I remember watching Nick build his store of art supplies for his foray into the study of landscape architecture. I was envious of his haul, of the boxes that would arrive daily from Dick Blick, reminding me of my highschool years where I would buy paint tubes upon pens upon sketch books just simply to have them nearby. I was never an actual artist, my fear of muddling the page or of looking foolish thwarting any desire I had to create something beautiful and meaningful. So the supplies sat on the shelf until they dried up or were given away. I watched in those months as Nick's natural talent emerged, his careful hand and attention to detail producing draft upon draft of spaces rich with meaning and lush with potential.
This Fall I begin a program of making, in a sense, having been accepted to a Masters in Design Methods program that will take me every other weekend to Chicago. I'm nervous, having been on my back foot for the past few months doing work that is not my strong suit and looking to a future where I have to take the pen to the page to create in a way beyond words.
The months leading up to this program are also a study in stillness, of seeing, of quiet, of reflection and introspection and all of those things you don't get to do when you are caught up in family and life and clutter and the distance that can separate you from your true self.
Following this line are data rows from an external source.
-- ===== src/Base/Tally.antt =====
-- How many elements of a list pass a test, and what taking one element away makes of that number.
use Prim.Native.Nat.{ℕ, zero, suc, ◌+◌, ◌≤◌}
use mathlib.Core.Path.{◌≡◌, refl, sym}
use mathlib.Core.Logic.{inl, inr}
use mathlib.Core.Bool.{Bool}
use mathlib.Core.Option.{some}
use mathlib.Core.List.{List, [], ◌∷◌, ◌++◌}
use native.Mathlib.Omega.{arith}
use centos_info_collect.Base.Tests.{ltb, if◌then◌else◌, Option-cases, ◌==◌, ℕ_eq, nat_eq_iff}
use centos_info_collect.Base.Lists.{All, any}
use centos_info_collect.Base.Members.{pick}

module _ {ℓ} {A : Type ℓ} (p : A → Bool) where
  abbrev pub tally : List A → ℕ
  tally [] = 0
  tally (x ∷ xs) = let rest = tally xs in if p x then suc rest else rest

  pub tally-append : (xs ys : List A) → tally (xs ++ ys) ≡ tally xs + tally ys
  tally-append [] ys = omega arith
  tally-append (x ∷ xs) ys = ground (arith, tally-append xs ys)

  pub tally-snoc : (xs : List A) (x : A) → tally (xs ++ x ∷ []) ≡ tally xs + (if p x then 1 else 0)
  tally-snoc xs x = ground (arith, tally-append xs (x ∷ []))

  pub tally-pick :
      (n : ℕ) (xs : List A) {a : A} {rest : List A}
      → pick n xs ≡ some (a, rest)
      → tally xs ≡ (if p a then 1 else 0) + tally rest
  tally-pick n [] h = cc
  tally-pick zero (x ∷ xs) h = ground arith
  tally-pick (suc n) (x ∷ xs) {a} {rest} h = elim (Option-cases (pick n xs)) [
    | inl gone ↦ cc (rw gone at h)
    | inr ((y, ys), found) ↦
        let same : y ≡ a = ground (arith, rw found at h) in
        let left : x ∷ ys ≡ rest = ground (arith, rw found at h) in
        rw (sym same, sym left) (ground (arith, tally-pick n xs found))
  ]

  pub any-tally : (xs : List A) → any p xs ≡ ltb 0 (tally xs)
  any-tally [] = refl
  any-tally (x ∷ xs) = ground (arith, any-tally xs)

-- Versions: no element of the list is later than `v`.
module _ {ℓ} {A : Type ℓ} (version : A → ℕ) where
  abbrev pub IsUpTo : ℕ → List A → Type 0
  IsUpTo v xs = All (λ x. version x ≤ v) xs

  pub IsUpTo-suc : (v : ℕ) (xs : List A) → IsUpTo v xs → IsUpTo (suc v) xs
  IsUpTo-suc v [] h = tt
  IsUpTo-suc v (x ∷ xs) (a, h) = (omega arith, IsUpTo-suc v xs h)

  pub tally-IsUpTo : (v : ℕ) (xs : List A) → IsUpTo v xs → tally (λ x. version x == suc v) xs ≡ 0
  tally-IsUpTo v [] h = refl
  tally-IsUpTo v (x ∷ xs) (a, h) =
      ground (arith, tally-IsUpTo v xs h, nat_eq_iff (version x) (suc v))
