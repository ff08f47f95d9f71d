-- ===== src/Base/Number.antt =====
-- Decimal digits, and `parseInt` with no radix.
use centos_info_collect.Base.Tests.{ltb, leb, nat_eq, if◌then◌else◌}
use centos_info_collect.Base.Lists.{length, All}
use centos_info_collect.Base.Strings.{Text, trim_start, is_space, trim_start_of_NoSpaceFirst}
use centos_info_collect.Base.Int.{ℤ, pos, sub_ℕ}
use Prim.Native.Nat.{ℕ, ◌+◌, ◌-◌, ◌*◌, ◌≤◌}
use mathlib.Core.Path.{◌≡◌, refl, ap, ◌∙◌}
use mathlib.Core.Bool.{Bool, true, false, ◌&&◌, ◌||◌}
use mathlib.Core.Option.{Option, none, some}
use mathlib.Core.List.{[], ◌∷◌, ◌++◌}
use native.Mathlib.Omega.{arith}

unfoldable pub is_digit : ℕ → Bool
is_digit c = leb 48 c && leb c 57

abbrev pub AllDigits : Text → Type 0
AllDigits = All (λ c. is_digit c ≡ true)

-- the number that a run of decimal digits denotes, after the digits of `acc`
unfoldable pub decimal_from : ℕ → Text → ℕ
decimal_from acc [] = acc
decimal_from acc (c ∷ s) = decimal_from (acc * 10 + (c - 48)) s

unfoldable pub decimal : Text → ℕ
unfolding decimal_from
decimal s = decimal_from 0 s

-- the value of a digit in bases up to 36
unfoldable pub digit_value : ℕ → ℕ
digit_value c =
    if leb 48 c && leb c 57
    then c - 48
    else if leb 97 c && leb c 122
    then c - 87
    else if leb 65 c && leb c 90
    then c - 55
    else 36

unfoldable pub is_digit_of : ℕ → ℕ → Bool
unfolding digit_value
is_digit_of radix c = ltb (digit_value c) radix

-- the longest run of digits; what follows it is ignored
unfoldable pub read_digits : ℕ → ℕ → Text → ℕ
unfolding digit_value is_digit_of
read_digits radix acc [] = acc
read_digits radix acc (c ∷ s) =
    let rest = read_digits radix (acc * radix + digit_value c) s in
    if is_digit_of radix c then rest else acc

unfoldable pub read_unsigned : ℕ → Text → Option ℕ
unfolding is_digit_of read_digits
read_unsigned radix [] = none
read_unsigned radix (c ∷ s) =
    if is_digit_of radix c then some (read_digits radix 0 (c ∷ s)) else none

unfoldable pub has_hex_prefix : Text → Bool
has_hex_prefix (a ∷ b ∷ s) = nat_eq a 48 && (nat_eq b 120 || nat_eq b 88)
has_hex_prefix _ = false

abbrev pub after_two : Text → Text
after_two (a ∷ b ∷ s) = s
after_two s = []

unfoldable pub read_radix : Text → Option ℕ
unfolding read_unsigned has_hex_prefix
read_radix s = if has_hex_prefix s then read_unsigned 16 (after_two s) else read_unsigned 10 s

abbrev pub map_number : (ℕ → ℤ) → Option ℕ → Option ℤ
map_number f none = none
map_number f (some n) = some (f n)

unfoldable pub read_signed : Text → Option ℤ
unfolding read_radix
read_signed [] = none
read_signed (c ∷ s) =
    if nat_eq c 45
    then map_number (sub_ℕ 0) (read_radix s)
    else if nat_eq c 43
    then map_number pos (read_radix s)
    else map_number pos (read_radix (c ∷ s))

-- `none` is NaN.
unfoldable pub parse_int : Text → Option ℤ
unfolding read_signed trim_start is_space
parse_int s = read_signed (trim_start s)

abbrev pub NoDigitFirst : Text → Type 0
NoDigitFirst [] = Unit
NoDigitFirst (c ∷ _) = is_digit c ≡ false

digit_value-digit :
    (c : ℕ) → is_digit c ≡ true → (is_digit_of 10 c ≡ true) × (digit_value c ≡ c - 48)
unfolding is_digit_of is_digit
digit_value-digit c h = ground arith

digit_value-other : (c : ℕ) → is_digit c ≡ false → is_digit_of 10 c ≡ false
unfolding is_digit_of is_digit
digit_value-other c h = ground arith

-- A run of digits is read up to the first other character.
read_digits-decimal :
    (acc : ℕ) (d t : Text)
    → AllDigits d
    → NoDigitFirst t
    → read_digits 10 acc (d ++ t) ≡ decimal_from acc d
unfolding read_digits decimal_from
read_digits-decimal acc [] [] h n = refl
read_digits-decimal acc [] (c ∷ t) h n = rw (digit_value-other c n)
read_digits-decimal acc (c ∷ d) t h n =
    let (p, q) = digit_value-digit c h.0 in
    rw (p, q) (read_digits-decimal (acc * 10 + (c - 48)) d t h.1 n)

not-space_of_digit : (c : ℕ) → is_digit c ≡ true → is_space c ≡ false
unfolding is_digit is_space
not-space_of_digit c h = ground arith

read_unsigned-decimal :
    (c : ℕ) (d t : Text)
    → AllDigits (c ∷ d)
    → NoDigitFirst t
    → read_unsigned 10 (c ∷ (d ++ t)) ≡ some (decimal (c ∷ d))
unfolding read_unsigned decimal
read_unsigned-decimal c d t h n =
    let (p, q) = digit_value-digit c h.0 in rw (p, q, read_digits-decimal (0 + (c - 48)) d t h.1 n)

read_signed-digit :
    (c : ℕ) (s : Text)
    → is_digit c ≡ true
    → has_hex_prefix (c ∷ s) ≡ false
    → read_signed (c ∷ s) ≡ map_number pos (read_unsigned 10 (c ∷ s))
unfolding read_signed is_digit
read_signed-digit c s h x = ground arith

-- `parseInt` of a nonempty run of decimal digits, whatever stands behind it.
pub parse_int-decimal :
    (d t : Text)
    → AllDigits d
    → 1 ≤ length d
    → NoDigitFirst t
    → has_hex_prefix (d ++ t) ≡ false
    → parse_int (d ++ t) ≡ some (pos (decimal d))
unfolding parse_int
parse_int-decimal [] t h l n x = absurd (omega arith)
parse_int-decimal (c ∷ d) t h l n x =
    rw (trim_start_of_NoSpaceFirst (c ∷ (d ++ t)) (not-space_of_digit c h.0))
      (read_signed-digit c (d ++ t) h.0 x ∙ ap (map_number pos) (read_unsigned-decimal c d t h n))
I have been given the gift of time and space to sort things out. I have been given the opportunity to peel back through some blank pages and search for the words written in invisible ink underneath. It's beautiful and weird and heartbreakingly thanks-giving at the same time. I am awash in tears at the generosity of it all.
Sunday, June 16, 2013
Pausing
Today is one of those days that social media kicks your ass. Smiling faces of fathers beaming out of pictures with their children, grandchildren, exotic locales, dinner tables, weddings, you name it. I know there are a million stories behind those smiles, not all of them pleasant and certainly not all of them oft repeated in family conversations, but they are there, those fathers who still get to hug children and cook steaks and dance that awkward dad dance when they've had too much scotch.
After the great loss of 1987, I used to call my mom on Father's Day, just to be funny and say thanks for shoring up the ship on both sides. My mom was a helluva single mom, although calling her that seems weird given she had the means to raise children without financial panic. But digging deeper, I realize that being a single mom means much more than financial security. It was her going it alone, dealing with children who weren't easy to manage in a life too lonely sometimes. Single parenthood was more about relying on the network of friends who loved her dearly for moment of confiding and support. It was about being the rock for four kids who were navigating the terrain of being fatherless far earlier than they ever meant to be. She was dad and mom in one, Suz Hard as Nails. And a damn good both at that.
My children delight in their father, an amazing man whose gift for parenting is something he inherited from his own father and from whom I hope my son will learn. This is a day for recognizing that, rather than sitting afloat in the unanchored waters of a parentless life.